Okay, I’ve held off on mentioning this til now. If the neoliberalism of the university pissed you off, you might not love working for a hedge fund. But I’d be remiss if I didn’t mention that you can get paid to research in this environment too. There are tons of researchers working in finance, and it’s not just numbers. This type of research also takes people who are good at making judgement calls on where foreign economies are going, whether a war is likely to break out in the Middle East, or whether the housing market is going to collapse.

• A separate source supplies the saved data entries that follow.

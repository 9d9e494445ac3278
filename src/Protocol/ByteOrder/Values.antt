-- ===== src/Protocol/ByteOrder/Values.antt =====
-- Big-endian numerals of any width: what the readers and writers of ByteOrder.hpp are held against.
use lite_im.Prelude.{
  ℕ, zero, suc, ◌+◌, ◌*◌, ◌/◌, ◌%◌, ◌^◌, ◌<◌, ◌≡◌, refl, ap, ◌∙◌, [], ◌∷◌, ◌++◌, append-nil,
  append_assoc, arith, length, length-append, All-append,
}
use lite_im.Protocol.Bytes.{Bytes, IsByte, AreBytes}
use native.Mathlib.Nat.{pow-suc}

-- The `k` low bytes of `v`, highest first.
unfoldable pub be : ℕ → ℕ → Bytes
be zero v = []
be (suc k) v = be k (v / 256) ++ (v % 256 ∷ [])

unfoldable pub of_be_from : ℕ → Bytes → ℕ
of_be_from acc [] = acc
of_be_from acc (b ∷ bs) = of_be_from (acc * 256 + b) bs

unfoldable pub of_be : Bytes → ℕ
unfolding of_be_from
of_be bs = of_be_from 0 bs

pub length-be : (k v : ℕ) → length (be k v) ≡ k
unfolding be
length-be zero v = refl
length-be (suc k) v =
    omega (arith, length-append (be k (v / 256)) (v % 256 ∷ []), length-be k (v / 256))

pub be-AreBytes : (k v : ℕ) → AreBytes (be k v)
unfolding be
be-AreBytes zero v = tt
be-AreBytes (suc k) v =
    All-append IsByte (be k (v / 256)) (v % 256 ∷ []) (be-AreBytes k (v / 256)) (omega arith, tt)

of_be_from-append :
    (acc : ℕ) (xs ys : Bytes) → of_be_from acc (xs ++ ys) ≡ of_be_from (of_be_from acc xs) ys
unfolding of_be_from
of_be_from-append acc [] ys = refl
of_be_from-append acc (x ∷ xs) ys = of_be_from-append (acc * 256 + x) xs ys

pub of_be-be : (k v : ℕ) → v < 256 ^ k → of_be (be k v) ≡ v
unfolding of_be be
of_be-be zero v h = omega arith
of_be-be (suc k) v h =
    of_be_from-append 0 (be k (v / 256)) (v % 256 ∷ [])
    ∙ omega (arith, of_be-be k (v / 256) (omega (arith, pow-suc 256 k)))

be-of_be_from :
    (j acc : ℕ) (xs : Bytes) → AreBytes xs → be (j + length xs) (of_be_from acc xs) ≡ be j acc ++ xs
unfolding of_be_from be
be-of_be_from j acc [] h =
    rw (append-nil) (ap (λ (n : ℕ). be n acc) {x = j + 0} {y = j} (omega arith))
be-of_be_from j acc (x ∷ xs) h =
    ap (λ (n : ℕ). be n (of_be_from (acc * 256 + x) xs)) shifted
    ∙ be-of_be_from (suc j) (acc * 256 + x) xs h.1
    ∙ rw (high, low) (append_assoc (be j acc) (x ∷ []) xs)
  where
    shifted : j + suc (length xs) ≡ suc j + length xs
    shifted = omega arith

    high : (acc * 256 + x) / 256 ≡ acc
    high = omega (arith, h.0)

    low : (acc * 256 + x) % 256 ≡ x
    low = omega (arith, h.0)

pub be-of_be : (xs : Bytes) → AreBytes xs → be (length xs) (of_be xs) ≡ xs
unfolding of_be be
be-of_be xs h = ap (λ (n : ℕ). be n (of_be_from 0 xs)) start ∙ be-of_be_from 0 0 xs h
  where
    start : length xs ≡ 0 + length xs
    start = omega arith

of_be_from-lt :
    (m acc : ℕ) (xs : Bytes)
    → AreBytes xs
    → acc < 256 ^ m
    → of_be_from acc xs < 256 ^ (m + length xs)
unfolding of_be_from
of_be_from-lt m acc [] h k = let e : m + 0 ≡ m = omega arith in rw e k
of_be_from-lt m acc (x ∷ xs) h k =
    let e : m + suc (length xs) ≡ suc m + length xs = omega arith in
    rw e (of_be_from-lt (suc m) (acc * 256 + x) xs h.1 (omega (arith, pow-suc 256 m, h.0)))

pub of_be-lt : (xs : Bytes) → AreBytes xs → of_be xs < 256 ^ length xs
unfolding of_be
of_be-lt xs h =
    let e : 0 + length xs ≡ length xs = omega arith in
    rw e at (of_be_from-lt 0 0 xs h (omega arith))
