-- ===== src/Prelude/Bits.antt =====
-- The bits of machine words as arithmetic: `|` of a shifted word and a part below the shift is
-- their sum.
use Prim.Native.Nat.{
  ℕ, zero, suc, ◌+◌, ◌*◌, ◌/◌, ◌%◌, ◌^◌, ◌≤◌, ◌<◌, max, bit_or, digits, bit_or-bitwise, bit_xor,
  bit_xor-bitwise, differ,
}
use mathlib.Core.Path.{◌≡◌, refl, ◌∙◌}
use native.Mathlib.Nat.{pow-suc}
use native.Mathlib.Omega.{arith}

abbrev or_digits : ℕ → ℕ → ℕ → ℕ
or_digits n a b = digits (λ b. b) max n a b

or_digits_fuel : (n m a b : ℕ) → a ≤ n → a ≤ m → or_digits n a b ≡ or_digits m a b
or_digits_fuel zero zero a b p q = refl
or_digits_fuel zero (suc m) zero b p q = refl
or_digits_fuel zero (suc m) (suc a) b p q = absurd (omega arith)
or_digits_fuel (suc n) zero zero b p q = refl
or_digits_fuel (suc n) zero (suc a) b p q = absurd (omega arith)
or_digits_fuel (suc n) (suc m) zero b p q = refl
or_digits_fuel (suc n) (suc m) (suc a) b p q =
    omega (arith, or_digits_fuel n m (suc a / 2) (b / 2) (omega arith) (omega arith))

zero-bit_or : (b : ℕ) → bit_or 0 b ≡ b
zero-bit_or b = bit_or-bitwise 0 b

bit_or_step : (a b : ℕ) → bit_or a b ≡ bit_or (a / 2) (b / 2) * 2 + max (a % 2) (b % 2)
bit_or_step zero b = omega (arith, zero-bit_or b, zero-bit_or (b / 2))
bit_or_step (suc a) b = omega (
  arith,
  bit_or-bitwise (suc a) b,
  bit_or-bitwise (suc a / 2) (b / 2),
  or_digits_fuel a (suc a / 2) (suc a / 2) (b / 2) (omega arith) (omega arith),
)

bit_or-zero_fuel : (n a : ℕ) → a ≤ n → bit_or a 0 ≡ a
bit_or-zero_fuel n zero h = refl
bit_or-zero_fuel zero (suc a) h = absurd (omega arith)
bit_or-zero_fuel (suc n) (suc a) h =
    omega (arith, bit_or_step (suc a) 0, bit_or-zero_fuel n (suc a / 2) (omega arith))

bit_or_double : (c b : ℕ) → bit_or (c * 2) b ≡ bit_or c (b / 2) * 2 + b % 2
bit_or_double c b =
    let half : c * 2 / 2 ≡ c = omega arith in bit_or_step (c * 2) b ∙ (rw half (omega arith))

pub bit_or_shift : (k a b : ℕ) → b < 2 ^ k → bit_or (a * 2 ^ k) b ≡ a * 2 ^ k + b
bit_or_shift zero a b h =
    let none_below : b ≡ 0 = omega arith in
    let same : a * 1 ≡ a = omega arith in
    rw (none_below, same) (omega (arith, bit_or-zero_fuel a a (omega arith)))
bit_or_shift (suc k) a b h =
    let split : a * 2 ^ suc k ≡ a * 2 ^ k * 2 = rw (pow-suc 2 k) (omega arith) in
    rw split (
      omega
        (arith, bit_or_double (a * 2 ^ k) b, bit_or_shift k a (b / 2) (omega (arith, pow-suc 2 k))))

bit_or_zero_fuel : (n a b : ℕ) → a ≤ n → b ≤ n → bit_or a b ≡ 0 → (a ≡ 0) × (b ≡ 0)
bit_or_zero_fuel zero a b p q h = (omega arith, omega arith)
bit_or_zero_fuel (suc n) a b p q h =
    let step = bit_or_step a b in
    let half = bit_or_zero_fuel n (a / 2) (b / 2) (omega arith) (omega arith) (omega arith) in
    (omega (arith, half.0), omega (arith, half.1))

-- `|` is zero on zeros only.
pub bit_or_zero : (a b : ℕ) → bit_or a b ≡ 0 → (a ≡ 0) × (b ≡ 0)
bit_or_zero a b h = bit_or_zero_fuel (a + b) a b (omega arith) (omega arith) h

abbrev xor_digits : ℕ → ℕ → ℕ → ℕ
xor_digits n a b = digits (λ b. b) differ n a b

xor_digits_fuel : (n m a b : ℕ) → a ≤ n → a ≤ m → xor_digits n a b ≡ xor_digits m a b
xor_digits_fuel zero zero a b p q = refl
xor_digits_fuel zero (suc m) zero b p q = refl
xor_digits_fuel zero (suc m) (suc a) b p q = absurd (omega arith)
xor_digits_fuel (suc n) zero zero b p q = refl
xor_digits_fuel (suc n) zero (suc a) b p q = absurd (omega arith)
xor_digits_fuel (suc n) (suc m) zero b p q = refl
xor_digits_fuel (suc n) (suc m) (suc a) b p q =
    omega (arith, xor_digits_fuel n m (suc a / 2) (b / 2) (omega arith) (omega arith))

zero-bit_xor : (b : ℕ) → bit_xor 0 b ≡ b
zero-bit_xor b = bit_xor-bitwise 0 b

bit_xor_step : (a b : ℕ) → bit_xor a b ≡ bit_xor (a / 2) (b / 2) * 2 + differ (a % 2) (b % 2)
bit_xor_step zero b = omega (arith, zero-bit_xor b, zero-bit_xor (b / 2))
bit_xor_step (suc a) b = omega (
  arith,
  bit_xor-bitwise (suc a) b,
  bit_xor-bitwise (suc a / 2) (b / 2),
  xor_digits_fuel a (suc a / 2) (suc a / 2) (b / 2) (omega arith) (omega arith),
)

differ_zero : (x y : ℕ) → differ x y ≡ 0 → x ≡ y
differ_zero zero y h = omega (arith, h)
differ_zero (suc x) zero h = h
differ_zero (suc x) (suc y) h = omega (arith, differ_zero x y h)

differ_same : (x : ℕ) → differ x x ≡ 0
differ_same zero = refl
differ_same (suc x) = differ_same x

bit_xor_zero_fuel : (n a b : ℕ) → a ≤ n → b ≤ n → bit_xor a b ≡ 0 → a ≡ b
bit_xor_zero_fuel zero a b p q h = omega arith
bit_xor_zero_fuel (suc n) a b p q h =
    let step = bit_xor_step a b in
    let half =
      bit_xor_zero_fuel n (a / 2) (b / 2) (omega arith) (omega arith) (omega (arith, step, h)) in
    let low = differ_zero (a % 2) (b % 2) (omega (arith, step, h)) in omega (arith, half, low)

-- `^` is zero on equal words only, and on all of them.
pub bit_xor_zero : (a b : ℕ) → bit_xor a b ≡ 0 → a ≡ b
bit_xor_zero a b h = bit_xor_zero_fuel (a + b) a b (omega arith) (omega arith) h

bit_xor_same_fuel : (n a : ℕ) → a ≤ n → bit_xor a a ≡ 0
bit_xor_same_fuel n zero p = zero-bit_xor 0
bit_xor_same_fuel zero (suc a) p = absurd (omega arith)
bit_xor_same_fuel (suc n) (suc a) p =
    let step = bit_xor_step (suc a) (suc a) in
    let half = bit_xor_same_fuel n (suc a / 2) (omega arith) in
    let low = differ_same (suc a % 2) in omega (arith, step, half, low)

pub bit_xor_same : (a : ℕ) → bit_xor a a ≡ 0
bit_xor_same a = bit_xor_same_fuel a a (omega arith)

pub zero_or_zero : bit_or 0 0 ≡ 0
zero_or_zero = zero-bit_or 0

There’s some overlap here—my think tank was non-profit. But various not-for-profits hire researchers too. The money isn’t always the best (sometimes it is), but if you’re driven by a cause you can spend your days researching awesome subjects like women’s economic empowerment, equal access to buildings, or how to support at-risk youth. These organizations often have advocacy functions too, so you can sometimes see your research lead the charge for social change.
11. Granting Bodies
There are big granting bodies in every field and country: the National Science Foundation, the National Institutes of Health, the National Endowment for the Humanities, or in Canada, the Social Sciences and Humanities Research Council, the Natural Sciences and Engineering Research Council, etc. Many of these bodies hire PhDs, sometimes exclusively, especially for things like proposal evaluation, grant administration, as project officers, and so on.
This is just a quick list of places you can get paid to do research outside of academia… so if you’re terrified to make the jump out of the university, fear not! If you love research, you can do that! Let me know any other places you think of that you can get paid to research!